More Notes from the Canadian honey jar
May 18, 2017
On the correlation between abogida and love (scrambled alphabet???)
I think this prompt is here because I’ve heard of abogida being used as a metaphor for love in a couple of Amharic love songs. The ones that come to mind are a Kuku Sebsibe song and a Teddy Afro song. What I know of abogida is that it is a scrambled alphabet chart. Students ‘advance’ to that after they have learned to identify all the letters of the alphabet in their correct order (‘ha, hu,’). Then the real test comes, to sound out each letter without the help of the sound of the letter that comes before it (or after). The 7 tones of each letter (variations?) remain the same, so once you have the rhythm down, all you have to do is get the first tone right and the rest is easy, you keep that sound and just vary the tones. The rhythm carries you along. But if you don’t have that ‘rolling start’, if you’re presented with a letter that has no relation to the ones around it, you have to land on the right tone on your own, out of the blue.
So how is this a metaphor for love? How the hell should I know?! Well I guess, in the sense that there’s no ‘road map’, no reliable rhythm or pattern, you have to land on it and just take it one step at a time with no expectation, no guarantee? It’s a test? A challenge? In many ways it’s about normal human interactions, which everyone has a good idea how to go about, but ‘scrambled’ by the addition of love?
But the thing is, students eventually memorize the ‘abogida’ chart as well, so that can become rote too. And yes after that technically they can read. But what they do with that ability is another matter.
I feel like I’m reaching here. Time to research what this ‘abogida’ is actually about, and listen to the lyrics too.
Ok according to this I’m completely wrong! ‘Abugida’ is not the scrambled version, it’s just the name of the script!
https://www.learn-amharic.com/amharic-script-1 “The Amharic language is written in a script known as an abugida, with characters called fidel. If you don’t understand what abugida means, it is a script where consonants and vowels are written joined together, [WAW that’s kinda accidentally poetic, like male/female, yin/yang, on/off haha] rather than as individual units, as you’ll come to see when we look at the letters. Amharic uses the Ge’ez script, minus a few consonants – Ge’ez is an Ethiopian language no longer spoken, and used only as a liturgical language by the Ethiopian Church.”

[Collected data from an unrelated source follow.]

-- ===== src/Execution/Awaiting.antt =====
-- A plan that waits for the rest of the reports of its worker.
use arb_core.Common.{
  ℕ, suc, ◌≡◌, ◌⊎◌, inl, inr, ap, ◌∙◌, true, none, some, List, [], ◌∷◌, arith, Option-cases,
}
use arb_core.Common.Dict.{find}
use arb_core.Decimal.{Decimal, AddsToNil}
use arb_core.Strategy.Planner.{TradePlan, OrderLeg}
use arb_core.Strategy.Plans.Places.{IsIndexed}
use arb_core.Strategy.Engine.{StrategyEngine, InFlightPlan, ExecutionReport}
use arb_core.Strategy.Engine.Monitor.{handle_exec_report, filled_by}
use arb_core.Strategy.Engine.Reports.{AreFilled, late_report}
use arb_core.Strategy.Engine.Others.{Keeps}
use arb_core.Execution.Mock.{Signals, run_leg, run_legs}
use arb_core.Execution.Progress.{
  Progress, IsFrom, IsOutcome, IsFrom-suc, Progress-AreFilled, run_leg-IsOutcome,
}
use arb_core.Execution.Handling.{one_report}

module _ {D : Type 0} ⦃d : Decimal D⦄ (plan : TradePlan D) where
  -- one outcome for each leg from place k on, in order
  abbrev pub AreOutcomes : ℕ → List (OrderLeg D) → List (ExecutionReport D) → Type 0
  AreOutcomes k [] [] = Unit
  AreOutcomes k (leg ∷ legs) (r ∷ rs) =
      IsOutcome plan leg r × (leg.leg_idx ≡ k) × AreOutcomes (suc k) legs rs
  AreOutcomes k _ _ = ⊥

  pub run_legs-AreOutcomes :
      (signals : Signals) (clock : ℕ → ℕ) (k : ℕ) (legs : List (OrderLeg D))
      → IsIndexed k legs
      → (run_legs signals clock plan k legs).1 ≡ true
      → AreOutcomes k legs (run_legs signals clock plan k legs).0
  unfolding run_legs
  run_legs-AreOutcomes signals clock k [] idx done = tt
  run_legs-AreOutcomes signals clock k (leg ∷ legs) idx done =
      elim (Option-cases (run_leg signals plan k leg (clock k))) [
        | inl panicked ↦ absurd (ground arith)
        | inr (r, e) ↦
            rw (e, run_legs)
              (
                run_leg-IsOutcome signals plan k leg (clock k) r e,
                idx.0,
                run_legs-AreOutcomes signals clock (suc k) legs idx.1 (ground arith),
              )
      ]

  -- With no leg to come, some leg is short.
  abbrev pub IsShort : List (OrderLeg D) → InFlightPlan D → Type 0
  IsShort [] p = ¬ AreFilled p.filled plan.legs
  IsShort (leg ∷ legs) p = Unit

  -- The plan is gone, or filled up to place k.
  abbrev pub Tracks : {F : Type 0} → ℕ → List (OrderLeg D) → StrategyEngine D F → Type 0
  Tracks k legs e =
      (find e.inflight plan.id ≡ none)
      ⊎ ((p : InFlightPlan D) × (find e.inflight plan.id ≡ some p)
          × (p.plan ≡ plan)
          × Progress k p.filled plan.legs
          × IsShort legs p)

  pub IsShort-any :
      (legs : List (OrderLeg D)) (p : InFlightPlan D)
      → ¬ AreFilled p.filled plan.legs
      → IsShort legs p
  IsShort-any [] p h = h
  IsShort-any (leg ∷ legs) p h = tt

  module _ {F : Type 0} where
    pub Tracks-Keeps :
        (k : ℕ) (legs : List (OrderLeg D)) (e e' : StrategyEngine D F)
        → Keeps plan.id e e'
        → Tracks k legs e
        → Tracks k legs e'
    Tracks-Keeps k legs e e' (inr gone) t = inl gone
    Tracks-Keeps k legs e e' (inl same) (inl gone) = inl (same ∙ gone)
    Tracks-Keeps k legs e e' (inl same) (inr (p, at, v, progress, short)) =
        inr (p, same ∙ at, v, progress, short)

    pub Tracks-end :
        (k : ℕ) (e : StrategyEngine D F)
        → IsFrom k plan.legs []
        → Tracks k [] e
        → find e.inflight plan.id ≡ none
    Tracks-end k e from (inl gone) = gone
    Tracks-end k e from (inr (p, at, same, progress, short)) =
        absurd (short (Progress-AreFilled k p.filled plan.legs progress from))

    pub own_report :
        (k : ℕ) (leg : OrderLeg D) (rest : List (OrderLeg D)) (e : StrategyEngine D F)
        (r : ExecutionReport D)
        → AddsToNil D
        → IsFrom k plan.legs (leg ∷ rest)
        → leg.leg_idx ≡ k
        → IsOutcome plan leg r
        → Tracks k (leg ∷ rest) e
        → Tracks (suc k) rest (handle_exec_report e r)
    own_report k leg rest e r adds from idx v (inl gone) =
        let gone' : find e.inflight r.plan_id ≡ none = ap (find e.inflight) v.plan_named ∙ gone in
        inl (rw (late_report e r gone') gone)
    own_report k leg rest e r adds from idx v (inr (p, at, same, progress, short)) =
        elim (one_report e p plan k leg rest r adds at same progress from idx v) [
          | inl ended ↦ inl ended.gone
          | inr kept ↦ inr (
            filled_by p r,
            kept.still,
            same,
            kept.progress,
            IsShort-any rest (filled_by p r) kept.short,
          )
        ]

    -- the reports of the legs from place k on, and what is in flight
    pub record Awaits (k : ℕ) (legs : List (OrderLeg D)) (rs : List (ExecutionReport D))
        (e : StrategyEngine D F) : Type 0 where
      pub from : IsFrom k plan.legs legs
      pub outcomes : AreOutcomes k legs rs
      pub tracks : Tracks k legs e

    -- the plan waits for these reports, at some leg
    pub record IsWaiting (rs : List (ExecutionReport D)) (e : StrategyEngine D F) : Type 0 where
      pub place : ℕ
      pub legs : List (OrderLeg D)
      pub awaits : Awaits place legs rs e

    pub IsWaiting-Keeps :
        (rs : List (ExecutionReport D)) (e e' : StrategyEngine D F)
        → Keeps plan.id e e'
        → IsWaiting rs e
        → IsWaiting rs e'
    IsWaiting-Keeps rs e e' k w = record {
      place = w.place;
      legs = w.legs;
      awaits = record {
        from = w.awaits.from;
        outcomes = w.awaits.outcomes;
        tracks = Tracks-Keeps w.place w.legs e e' k w.awaits.tracks;
      };
    }

    pub Awaits-report :
        (k : ℕ) (legs : List (OrderLeg D)) (r : ExecutionReport D) (rs : List (ExecutionReport D))
        (e : StrategyEngine D F)
        → AddsToNil D
        → Awaits k legs (r ∷ rs) e
        → IsWaiting rs (handle_exec_report e r)
    Awaits-report k [] r rs e adds a = absurd a.outcomes
    Awaits-report k (leg ∷ rest) r rs e adds a =
        let (v, idx, more) = a.outcomes in
        record {
          place = suc k;
          legs = rest;
          awaits = record {
            from = IsFrom-suc k plan.legs rest leg a.from;
            outcomes = more;
            tracks = own_report k leg rest e r adds a.from idx v a.tracks;
          };
        }

    pub Awaits-end :
        (k : ℕ) (legs : List (OrderLeg D)) (e : StrategyEngine D F)
        → Awaits k legs [] e
        → find e.inflight plan.id ≡ none
    Awaits-end k [] e a = Tracks-end k e a.from a.tracks
    Awaits-end k (leg ∷ legs) e a = absurd a.outcomes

Okay so even that bit in bold is an interesting new thing to learn about Amharic! It’s one of those languages where the consonant sound and the vowel sound are joined together in one letter. VERRRY interesting. I can see how it can be a metaphor for love sure. The vowel is always secondary. So it’s as if the vowel is the less dominant person in the relationship (typically the female?).

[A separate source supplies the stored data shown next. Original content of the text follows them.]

-- ===== src/Execution/Fills.antt =====
-- What the worker of a plan reports: one report for each leg, whose quantities add up.
use arb_core.Common.{
  ℕ, suc, ◌≡◌, ◌≢◌, ◌⊎◌, inl, inr, refl, Bool, true, false, some, List, [], ◌∷◌, arith,
  Option-cases,
}
use arb_core.Decimal.{Decimal, IsAdditive, nil}
use arb_core.Strategy.Planner.{TradePlan, OrderLeg}
use arb_core.Strategy.Engine.{ExecutionReport, filled, cancelled, partially_filled}
use arb_core.Execution.Mock.{Signals, run_leg, run_legs, run_plan}

module _ {D : Type 0} ⦃d : Decimal D⦄ where
  open d use {add}

  -- A report of this leg, whose quantities make up the leg's.
  pub record IsReportOf (plan : TradePlan D) (leg : OrderLeg D) (r : ExecutionReport D)
      : Type 0 where
    pub plan_named : r.plan_id ≡ plan.id
    pub leg_named : r.leg_idx ≡ leg.leg_idx
    pub accounted : add r.filled_qty r.remaining_qty ≡ leg.qty
    pub complete : r.status ≡ filled → r.filled_qty ≡ leg.qty
    pub empty : r.status ≢ filled → r.filled_qty ≡ nil
    pub final : (r.status ≡ filled) ⊎ (r.status ≡ cancelled) ⊎ (r.status ≡ partially_filled)

  -- The reports follow the legs, in order; fewer of them only if the worker did not end.
  abbrev pub AreReports : TradePlan D → List (OrderLeg D) → List (ExecutionReport D) → Bool → Type 0
  AreReports plan [] [] done = done ≡ true
  AreReports plan [] (r ∷ rs) done = ⊥
  AreReports plan (leg ∷ legs) [] done = done ≡ false
  AreReports plan (leg ∷ legs) (r ∷ rs) done = IsReportOf plan leg r × AreReports plan legs rs done

  module _ ⦃a : IsAdditive D⦄ where
    run_leg-IsReportOf :
        (signals : Signals) (plan : TradePlan D) (i : ℕ) (leg : OrderLeg D) (now : ℕ)
        (r : ExecutionReport D)
        → run_leg signals plan i leg now ≡ some r
        → IsReportOf plan leg r
    unfolding run_leg
    run_leg-IsReportOf signals plan i leg now r e =
        ground (arith, a.add_nil leg.qty, a.nil_add leg.qty)

    run_legs-AreReports :
        (signals : Signals) (clock : ℕ → ℕ) (plan : TradePlan D) (i : ℕ) (legs : List (OrderLeg D))
        → let (rs, done) = run_legs signals clock plan i legs in AreReports plan legs rs done
    unfolding run_legs
    run_legs-AreReports signals clock plan i [] = refl
    run_legs-AreReports signals clock plan i (leg ∷ legs) =
        elim (Option-cases (run_leg signals plan i leg (clock i))) [
          | inl panicked ↦ rw (panicked, run_legs) refl
          | inr (r, e) ↦
              rw (e, run_legs)
                (
                  run_leg-IsReportOf signals plan i leg (clock i) r e,
                  run_legs-AreReports signals clock plan (suc i) legs,
                )
        ]

    -- The worker of a plan sends one report for each leg, in the order of the legs, and fewer only
    -- if it panics. Each names the plan and its leg, and its filled and remaining quantities add up
    -- to the leg's; a leg reported as filled is filled whole, any other not at all, and then it is
    -- reported as cancelled or partly filled.
    pub run_plan-AreReports :
        (signals : Signals) (clock : ℕ → ℕ) (plan : TradePlan D)
        → let (rs, done) = run_plan signals clock plan in AreReports plan plan.legs rs done
    unfolding run_plan
    run_plan-AreReports signals clock plan = run_legs-AreReports signals clock plan 0 plan.legs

So when the singers are talking about the abugida of love, they mean that they were educated in love, period, made literate in it, learned the language, the script of love. Aha! AHHHAAA!!!
https://en.wikipedia.org/wiki/Amharic “It is written (left-to-right) using Amharic Fidel, ፊደል, which grew out of the Ge’ez abugida—called, in Ethiopian Semitic languages, ፊደል fidel (“writing system”, “letter”, or “character”) and አቡጊዳ abugida (from the first four Ethiopic letters, which gave rise to the modern linguistic term abugida).”

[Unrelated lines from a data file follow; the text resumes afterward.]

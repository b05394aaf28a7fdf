-- ===== src/Strategy/Engine/Inflight.antt =====
-- The two tasks of the engine, interleaved at every lock: how many plans are ever in flight.
use arb_core.Common.{
  ℕ, ◌+◌, ◌≤◌, ◌<◌, ◌≡◌, refl, ap, ◌∙◌, Bool, true, String, arith, length, Option-cases, inl, inr,
  leb, Bool-cases,
}
use arb_core.Common.Dict.{find, length-put-le, length-delete-le, length-put_present}
use arb_core.Decimal.{Decimal}
use arb_core.Strategy.Config.{StrategyConfig}
use arb_core.Strategy.Detector.{Opportunity}
use arb_core.Strategy.Planner.{TradePlan}
use arb_core.Strategy.Engine.{
  StrategyEngine, ExecutionReport, new_engine, remove_inflight, count_seen, count_rejected,
}
use arb_core.Strategy.Engine.Detector.{
  Verdict, refused, crashed, accepted, vet, register, submit, handle_opportunity,
}
use arb_core.Strategy.Engine.Monitor.{cancel_plan, handle_exec_report, filled_by}

-- where the detector stands: before an opportunity, or with a plan that passed the checks, which is
-- not yet in flight, or is and not yet sent
pub data Phase (D : Type 0) : Type 0 where
  idle : Phase D
  vetted registered : TradePlan D → Phase D

-- the plans that are about to enter
abbrev pending : {D : Type 0} → Phase D → ℕ
pending idle = 0
pending (vetted plan) = 1
pending (registered plan) = 0

module _ {D F : Type 0} ⦃d : Decimal D⦄ where
  -- One action of one task; the monitor's and the outside's may come between any two of the detector.
  pub data Step : StrategyEngine D F → Phase D → StrategyEngine D F → Phase D → Type 0 where
    see : (e : StrategyEngine D F) → Step e idle (count_seen e) idle
    refuse :
        (e : StrategyEngine D F) (op : Opportunity D) (id : String) (now : ℕ)
        → vet e.cfg (length e.inflight) op id now ≡ refused
        → Step e idle (count_rejected e) idle
    accept :
        (e : StrategyEngine D F) (op : Opportunity D) (id : String) (now : ℕ) (plan : TradePlan D)
        → vet e.cfg (length e.inflight) op id now ≡ accepted plan
        → Step e idle e (vetted plan)
    enter :
        (e : StrategyEngine D F) (plan : TradePlan D) (now : ℕ)
        → Step e (vetted plan) (register e plan now) (registered plan)
    send :
        (e : StrategyEngine D F) (plan : TradePlan D)
        → Step e (registered plan) (submit e plan) idle
    report :
        (e : StrategyEngine D F) (ph : Phase D) (r : ExecutionReport D)
        → Step e ph (handle_exec_report e r) ph
    time_out :
        (e : StrategyEngine D F) (ph : Phase D) (id : String) → Step e ph (cancel_plan e id) ph
    take_out :
        (e : StrategyEngine D F) (ph : Phase D) (id : String) → Step e ph (remove_inflight e id) ph
    hang_up :
        (e : StrategyEngine D F) (ph : Phase D) (exec cancel : Bool)
        → Step e ph (record e { exec_open = exec; cancel_open = cancel }) ph

  pub data Reach (e₀ : StrategyEngine D F) (ph₀ : Phase D)
      : StrategyEngine D F → Phase D → Type 0 where
    here : Reach e₀ ph₀ e₀ ph₀
    next :
        {e e' : StrategyEngine D F} {ph ph' : Phase D}
        → Reach e₀ ph₀ e ph
        → Step e ph e' ph'
        → Reach e₀ ph₀ e' ph'

  -- The plans in flight, with the one about to enter, are no more than the configuration allows.
  record IsWithin (cfg : StrategyConfig D F) (e : StrategyEngine D F) (ph : Phase D) : Type 0 where
    same_cfg : e.cfg ≡ cfg
    within : length e.inflight + pending ph ≤ cfg.max_concurrent_plans

  -- An action that lets no plan in.
  pub record Shrinks (e e' : StrategyEngine D F) : Type 0 where
    pub keeps_cfg : e'.cfg ≡ e.cfg
    pub no_more : length e'.inflight ≤ length e.inflight

  pub cancel_plan-Shrinks : (e : StrategyEngine D F) (id : String) → Shrinks e (cancel_plan e id)
  unfolding cancel_plan
  cancel_plan-Shrinks e id = ground (arith, length-delete-le e.inflight id)

  remove_inflight-Shrinks :
      (e : StrategyEngine D F) (id : String) → Shrinks e (remove_inflight e id)
  unfolding remove_inflight
  remove_inflight-Shrinks e id = ground (arith, length-delete-le e.inflight id)

  pub submit-Shrinks : (e : StrategyEngine D F) (plan : TradePlan D) → Shrinks e (submit e plan)
  unfolding submit
  submit-Shrinks e plan = ground (arith, length-delete-le e.inflight plan.id)

  pub handle_exec_report-Shrinks :
      (e : StrategyEngine D F) (r : ExecutionReport D) → Shrinks e (handle_exec_report e r)
  unfolding handle_exec_report
  handle_exec_report-Shrinks e r = elim (Option-cases (find e.inflight r.plan_id)) [
    | inl gone ↦ rw (gone, handle_exec_report) (ground arith)
    | inr (p, at) ↦
        rw (at, handle_exec_report)
          (ground (
            arith,
            length-delete-le e.inflight r.plan_id,
            length-put_present e.inflight r.plan_id (filled_by p r) p at,
          ))
  ]

  vet-room :
      (cfg : StrategyConfig D F) (n : ℕ) (op : Opportunity D) (id : String) (now : ℕ)
      (plan : TradePlan D)
      → vet cfg n op id now ≡ accepted plan
      → n < cfg.max_concurrent_plans
  unfolding vet
  vet-room cfg n op id now plan h = elim (Bool-cases (leb cfg.max_concurrent_plans n)) [
    | inl full ↦ ground arith
    | inr room ↦ ground arith
  ]

  shrink-IsWithin :
      (cfg : StrategyConfig D F) (e e' : StrategyEngine D F) (ph : Phase D)
      → Shrinks e e'
      → IsWithin cfg e ph
      → IsWithin cfg e' ph
  shrink-IsWithin cfg e e' ph s v = record {
    same_cfg = s.keeps_cfg ∙ v.same_cfg;
    within = omega (arith, s.no_more, v.within);
  }

  Step-IsWithin :
      (cfg : StrategyConfig D F) {e e' : StrategyEngine D F} {ph ph' : Phase D}
      → Step e ph e' ph'
      → IsWithin cfg e ph
      → IsWithin cfg e' ph'
  unfolding register
  Step-IsWithin cfg (see e) v = record { same_cfg = v.same_cfg; within = v.within }
  Step-IsWithin cfg (refuse e op id now h) v = record { same_cfg = v.same_cfg; within = v.within }
  Step-IsWithin cfg (accept e op id now plan h) v =
      let room = vet-room e.cfg (length e.inflight) op id now plan h in
      let same = ap (λ (c : StrategyConfig D F). c.max_concurrent_plans) v.same_cfg in
      record { same_cfg = v.same_cfg; within = omega arith }
  Step-IsWithin cfg (enter e plan now) v = record {
    same_cfg = v.same_cfg;
    within = omega (arith, v.within, length-put-le e.inflight plan.id);
  }
  Step-IsWithin cfg (send e plan) v =
      let s = submit-Shrinks e plan in
      record { same_cfg = s.keeps_cfg ∙ v.same_cfg; within = omega (arith, s.no_more, v.within) }
  Step-IsWithin cfg (report e ph r) v =
      shrink-IsWithin cfg e _ ph (handle_exec_report-Shrinks e r) v
  Step-IsWithin cfg (time_out e ph id) v = shrink-IsWithin cfg e _ ph (cancel_plan-Shrinks e id) v
  Step-IsWithin cfg (take_out e ph id) v =
      shrink-IsWithin cfg e _ ph (remove_inflight-Shrinks e id) v
  Step-IsWithin cfg (hang_up e ph exec cancel) v = record {
    same_cfg = v.same_cfg;
    within = v.within;
  }

  Reach-IsWithin :
      (cfg : StrategyConfig D F) {e : StrategyEngine D F} {ph : Phase D} {e' : StrategyEngine D F}
      {ph' : Phase D}
      → IsWithin cfg e ph
      → Reach e ph e' ph'
      → IsWithin cfg e' ph'
  Reach-IsWithin cfg v here = v
  Reach-IsWithin cfg v (next r s) = Step-IsWithin cfg s (Reach-IsWithin cfg v r)

  new-IsWithin : (cfg : StrategyConfig D F) → IsWithin cfg (new_engine cfg) idle
  unfolding new_engine
  new-IsWithin cfg = record { same_cfg = refl; within = omega arith }

  -- From a new engine, however the detector, the monitor and the callers interleave and whatever
  -- reports and timeouts come, the plans in flight are never more than the configured limit.
  pub inflight-le-max :
      (cfg : StrategyConfig D F) {e : StrategyEngine D F} {ph : Phase D}
      → Reach (new_engine cfg) idle e ph
      → length e.inflight ≤ cfg.max_concurrent_plans
  inflight-le-max cfg r = omega (arith, (Reach-IsWithin cfg (new-IsWithin cfg) r).within)

  -- The detector's loop body is such an interleaving, with no action of others in between.
  pub handle_opportunity-Reach :
      (e e' : StrategyEngine D F) (op : Opportunity D) (id : String) (now : ℕ)
      → handle_opportunity e op id now ≡ (e', true)
      → Reach e idle e' idle
  unfolding handle_opportunity
  handle_opportunity-Reach e e' op id now h = go (vet e.cfg (length e.inflight) op id now) refl
    where
      go : (v : Verdict D) → vet e.cfg (length e.inflight) op id now ≡ v → Reach e idle e' idle
      go refused f =
          let same : e' ≡ count_rejected e = ground arith in
          rw same (next here (refuse e op id now f))
      go crashed f = absurd (ground arith)
      go (accepted plan) f =
          let same : e' ≡ submit (register e plan now) plan = ground arith in
          rw same (
            next (next (next here (accept e op id now plan f)) (enter e plan now))
              (send (register e plan now) plan))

So does this mean that only later on they got organized into ‘ha, hu,’ ?
In addition to using the song lyrics, can also use the nature of Amharic itself to find metaphors, etc. for the story?
learning ‘abugida’ = learning the alphabet, before can read/write, so in terms of love, being a beginner, no idea yet how it goes, what to do, etc. the ‘new love’, ‘first encounter’, etc.
Okay so since folks are being a bit shy about commenting/feedback, I’m thinking maybe it would help to give them some prompts of their own!
SO! When did YOU learn THE abugida or are you still working on it? And are you usually the vowel or the consonant in a relationship?